The 2023 project undertaken by the Pacific Bird Conservation aimed to establish husbandry and capture protocols so that Nosa’ Luta specimens could safely be relocated off island. 

Heitman said the project involved capturing the birds using mist nets set up at private property. 

The project’s first obstacle involved finding the birds, she added.

“The species quickly showed us that they are truly canopy dwellers and very rarely came down to our nets that were at the lower levels,” Heitman said. “We were also dealing with a lot of wind and rain.”

She said they captured their first three birds on day three of the project. They later switched to canopy netting and “had a lot more success after that,” Heitman said. In total, they captured 12 birds. 

“We feel like we learned a lot but we still have a lot to learn in that we were only able to collect 12 birds and our target was 20, but we are going to be continuing to work on that,” she said.  

Heitman said they next had to study the kind of food they could feed the Nosa’ Luta. She said prior translocation protocols for the Canario (golden white eye or Cleptornis marchei) and the common Nosa’ informed Pacific Bird Conservation’s creation of protocols for the Nosa’ Luta. The intent was to identify the food that they would not reject while in captivity, she added.

Heitman said the team collected fruits from the trap site that included bananas and cucumber tree fruit.

“The banana was really hit or miss,” she said. “Some…really liked the banana and others…were not interested in it at all.”

 Cucumber tree fruit was not popular among any of the birds, she said. Likewise, the Nosa’ Luta did not enjoy commercially available pellets or dried meal worms, Heitman added. 

But the birds were partial to papaya, a commercial nectar that “replicates flower nectar,” and fresh meal worms, she said.

The Pacific Bird Conservation also measured the stress levels of Nosa’ Luta in captivity through the secretion of stress hormones in their droppings.

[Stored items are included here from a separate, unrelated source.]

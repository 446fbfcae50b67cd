-- ===== src/Daemon.antt =====
-- pkg/daemon: the Windows Instance Config Daemon, which runs on each Windows instance.
pub mod EnvVar
pub mod Cleanup
pub mod Certs
pub mod Deconfigure
pub mod Manager
pub mod Controller
pub mod Simulation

Heitman said the stress response of the Nosa’ Luta was typical of stress patterns in other species. 

“We usually see a spike on day one, day zero being the day that they’re brought into the room,” she said. “About half of these birds had a day one spike and those were spikes above day zero, and then also above baseline values.”

She said birds held longer in captivity demonstrated a “secondary” stress hormone spike in the last few days before release.

Heitman said the maximum time a bird was kept in captivity was eight days, with an average of three days in captivity for most birds.

She said  in comparison to a study done on the Canario in 2018 and 2019, the Nosa’ Luta had similar baseline stress hormone values,” but “lower variability and lower spikes in their day one values.”

After the project concluded, the birds were released at the same spot they were captured, Heitman added.  

In an interview, she reiterated that there are no current plans to relocate the Nosa’ Luta. She added that the study helps the Pacific Bird Conservation and DFW to be ready to move them, should the day arrive. 

“Because these are endangered species we will make sure that we have all of our methodology really locked down and we’re very confident with our protocols before we do any translocation,” she said.